Work required >>
Go to the line holding "unfolding write_passes" in the entries below and write out exactly every line down to and including the line holding "elim (Bool-cases (ltb_ℤ".

★ ★ ★ ★

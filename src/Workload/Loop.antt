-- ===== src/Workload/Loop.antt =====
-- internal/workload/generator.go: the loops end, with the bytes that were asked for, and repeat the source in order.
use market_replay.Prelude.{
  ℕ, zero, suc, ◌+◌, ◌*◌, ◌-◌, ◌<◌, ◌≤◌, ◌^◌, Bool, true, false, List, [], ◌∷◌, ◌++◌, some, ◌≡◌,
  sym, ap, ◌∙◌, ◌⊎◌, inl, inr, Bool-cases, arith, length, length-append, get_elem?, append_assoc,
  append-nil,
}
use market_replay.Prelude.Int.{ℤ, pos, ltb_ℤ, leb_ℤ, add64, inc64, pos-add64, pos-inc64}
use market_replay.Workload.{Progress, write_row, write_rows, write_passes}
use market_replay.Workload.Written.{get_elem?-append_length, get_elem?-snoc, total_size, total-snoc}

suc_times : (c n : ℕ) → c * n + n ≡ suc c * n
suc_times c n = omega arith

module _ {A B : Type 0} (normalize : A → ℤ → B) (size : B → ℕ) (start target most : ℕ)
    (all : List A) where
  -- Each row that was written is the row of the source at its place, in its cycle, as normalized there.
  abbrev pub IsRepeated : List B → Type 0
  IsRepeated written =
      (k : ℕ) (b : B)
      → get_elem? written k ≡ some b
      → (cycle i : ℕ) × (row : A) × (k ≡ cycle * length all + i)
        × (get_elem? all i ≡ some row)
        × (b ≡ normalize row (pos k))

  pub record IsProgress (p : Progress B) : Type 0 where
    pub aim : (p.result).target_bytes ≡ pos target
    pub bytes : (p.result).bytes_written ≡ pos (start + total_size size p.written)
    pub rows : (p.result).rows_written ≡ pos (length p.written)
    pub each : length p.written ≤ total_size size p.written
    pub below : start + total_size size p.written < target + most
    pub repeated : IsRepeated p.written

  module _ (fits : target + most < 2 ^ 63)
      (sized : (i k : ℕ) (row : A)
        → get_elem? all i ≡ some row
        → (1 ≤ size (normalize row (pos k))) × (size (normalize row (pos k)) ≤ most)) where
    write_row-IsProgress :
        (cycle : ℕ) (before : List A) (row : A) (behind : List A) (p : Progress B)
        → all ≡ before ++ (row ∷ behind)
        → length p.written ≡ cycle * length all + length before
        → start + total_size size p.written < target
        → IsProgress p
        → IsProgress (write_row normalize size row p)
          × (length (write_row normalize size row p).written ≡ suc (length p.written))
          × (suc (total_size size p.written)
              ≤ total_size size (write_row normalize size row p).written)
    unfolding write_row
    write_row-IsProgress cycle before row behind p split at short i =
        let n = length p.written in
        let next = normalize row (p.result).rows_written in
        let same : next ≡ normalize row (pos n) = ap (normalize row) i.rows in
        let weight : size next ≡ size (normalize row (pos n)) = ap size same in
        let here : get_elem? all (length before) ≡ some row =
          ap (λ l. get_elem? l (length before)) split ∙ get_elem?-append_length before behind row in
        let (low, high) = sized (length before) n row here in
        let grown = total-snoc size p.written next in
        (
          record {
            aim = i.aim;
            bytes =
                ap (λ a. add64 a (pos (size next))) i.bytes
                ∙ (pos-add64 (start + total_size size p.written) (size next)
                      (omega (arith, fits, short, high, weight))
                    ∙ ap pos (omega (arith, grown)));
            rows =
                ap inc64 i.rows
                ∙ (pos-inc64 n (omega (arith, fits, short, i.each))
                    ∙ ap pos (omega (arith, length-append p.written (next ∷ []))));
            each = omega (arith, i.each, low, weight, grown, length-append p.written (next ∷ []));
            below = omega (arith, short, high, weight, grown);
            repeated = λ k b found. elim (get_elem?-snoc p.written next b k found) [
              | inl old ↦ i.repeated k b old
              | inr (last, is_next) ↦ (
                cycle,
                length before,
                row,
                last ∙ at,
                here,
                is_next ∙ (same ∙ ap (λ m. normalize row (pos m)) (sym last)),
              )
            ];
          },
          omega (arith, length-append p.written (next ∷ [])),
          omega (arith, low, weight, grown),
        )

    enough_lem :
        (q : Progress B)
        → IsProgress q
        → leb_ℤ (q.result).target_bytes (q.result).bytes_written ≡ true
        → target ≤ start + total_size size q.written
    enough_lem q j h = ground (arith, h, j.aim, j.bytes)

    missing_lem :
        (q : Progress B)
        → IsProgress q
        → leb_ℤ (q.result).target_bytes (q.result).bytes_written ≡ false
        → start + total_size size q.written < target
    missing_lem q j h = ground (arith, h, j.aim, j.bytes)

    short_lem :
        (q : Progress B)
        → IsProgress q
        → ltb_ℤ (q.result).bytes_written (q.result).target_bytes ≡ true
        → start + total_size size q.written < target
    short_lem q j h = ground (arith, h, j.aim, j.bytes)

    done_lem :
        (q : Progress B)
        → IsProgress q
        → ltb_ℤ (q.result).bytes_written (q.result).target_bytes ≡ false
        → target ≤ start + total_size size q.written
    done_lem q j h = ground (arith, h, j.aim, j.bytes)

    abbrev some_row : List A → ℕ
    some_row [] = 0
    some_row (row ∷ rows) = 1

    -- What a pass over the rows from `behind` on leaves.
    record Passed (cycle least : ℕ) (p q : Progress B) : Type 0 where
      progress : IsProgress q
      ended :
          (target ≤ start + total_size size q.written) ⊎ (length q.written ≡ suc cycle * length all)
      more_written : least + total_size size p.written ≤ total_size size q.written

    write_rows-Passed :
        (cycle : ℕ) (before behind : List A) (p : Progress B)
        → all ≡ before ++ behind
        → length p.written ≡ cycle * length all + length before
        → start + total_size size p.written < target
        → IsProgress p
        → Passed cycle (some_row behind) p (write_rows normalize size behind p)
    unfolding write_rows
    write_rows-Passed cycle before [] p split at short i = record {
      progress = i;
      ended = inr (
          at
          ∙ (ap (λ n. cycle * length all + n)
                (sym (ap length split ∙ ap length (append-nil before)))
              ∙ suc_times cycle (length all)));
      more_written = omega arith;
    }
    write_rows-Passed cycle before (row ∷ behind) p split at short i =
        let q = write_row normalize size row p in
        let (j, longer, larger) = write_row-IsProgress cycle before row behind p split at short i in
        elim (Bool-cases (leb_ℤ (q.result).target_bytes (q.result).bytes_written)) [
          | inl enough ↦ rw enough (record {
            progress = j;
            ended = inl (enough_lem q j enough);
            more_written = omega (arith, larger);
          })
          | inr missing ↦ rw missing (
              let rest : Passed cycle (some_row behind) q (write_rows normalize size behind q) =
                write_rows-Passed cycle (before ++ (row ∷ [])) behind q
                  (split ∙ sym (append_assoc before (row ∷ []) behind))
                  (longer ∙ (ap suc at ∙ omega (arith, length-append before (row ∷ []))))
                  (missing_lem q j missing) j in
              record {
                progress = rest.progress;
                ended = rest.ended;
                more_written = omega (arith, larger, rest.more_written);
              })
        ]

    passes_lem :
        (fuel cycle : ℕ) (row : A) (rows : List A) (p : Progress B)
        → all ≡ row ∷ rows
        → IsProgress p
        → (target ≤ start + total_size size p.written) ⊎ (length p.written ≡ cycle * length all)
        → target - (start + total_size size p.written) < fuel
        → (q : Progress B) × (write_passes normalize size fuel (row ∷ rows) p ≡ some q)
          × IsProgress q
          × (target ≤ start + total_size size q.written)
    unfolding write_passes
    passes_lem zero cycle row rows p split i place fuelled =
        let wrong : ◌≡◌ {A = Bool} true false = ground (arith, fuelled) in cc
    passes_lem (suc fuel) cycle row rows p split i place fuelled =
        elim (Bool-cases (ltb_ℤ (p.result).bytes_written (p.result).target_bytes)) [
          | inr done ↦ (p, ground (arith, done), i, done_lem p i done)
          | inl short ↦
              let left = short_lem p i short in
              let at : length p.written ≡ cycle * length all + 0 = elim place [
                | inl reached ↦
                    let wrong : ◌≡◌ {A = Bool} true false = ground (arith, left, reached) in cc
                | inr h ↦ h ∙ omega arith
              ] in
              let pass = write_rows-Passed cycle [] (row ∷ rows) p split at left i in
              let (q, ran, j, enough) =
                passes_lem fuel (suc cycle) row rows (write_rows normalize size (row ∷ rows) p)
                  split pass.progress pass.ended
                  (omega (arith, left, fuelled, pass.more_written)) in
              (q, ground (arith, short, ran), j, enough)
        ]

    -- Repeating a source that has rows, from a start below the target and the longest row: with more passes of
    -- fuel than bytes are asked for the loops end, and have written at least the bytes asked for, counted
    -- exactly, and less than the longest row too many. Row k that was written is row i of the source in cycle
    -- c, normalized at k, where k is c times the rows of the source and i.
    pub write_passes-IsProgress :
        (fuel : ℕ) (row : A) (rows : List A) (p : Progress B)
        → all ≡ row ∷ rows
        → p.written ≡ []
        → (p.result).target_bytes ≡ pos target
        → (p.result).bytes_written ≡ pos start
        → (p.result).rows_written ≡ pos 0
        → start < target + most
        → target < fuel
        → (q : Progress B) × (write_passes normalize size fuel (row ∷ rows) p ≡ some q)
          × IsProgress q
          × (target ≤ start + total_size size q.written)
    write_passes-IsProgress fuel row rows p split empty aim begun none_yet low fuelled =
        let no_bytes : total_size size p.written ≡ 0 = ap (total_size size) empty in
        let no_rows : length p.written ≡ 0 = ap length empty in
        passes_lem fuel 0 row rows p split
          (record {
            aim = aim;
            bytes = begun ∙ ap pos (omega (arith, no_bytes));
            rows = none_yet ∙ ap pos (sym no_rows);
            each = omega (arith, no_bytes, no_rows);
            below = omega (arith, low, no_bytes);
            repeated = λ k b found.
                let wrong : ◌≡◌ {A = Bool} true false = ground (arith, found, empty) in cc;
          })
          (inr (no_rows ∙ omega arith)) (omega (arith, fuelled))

★ ★ ★ ★

Final answer >>
    unfolding write_passes
    passes_lem zero cycle row rows p split i place fuelled =
        let wrong : ◌≡◌ {A = Bool} true false = ground (arith, fuelled) in cc
    passes_lem (suc fuel) cycle row rows p split i place fuelled =
        elim (Bool-cases (ltb_ℤ (p.result).bytes_written (p.result).target_bytes)) [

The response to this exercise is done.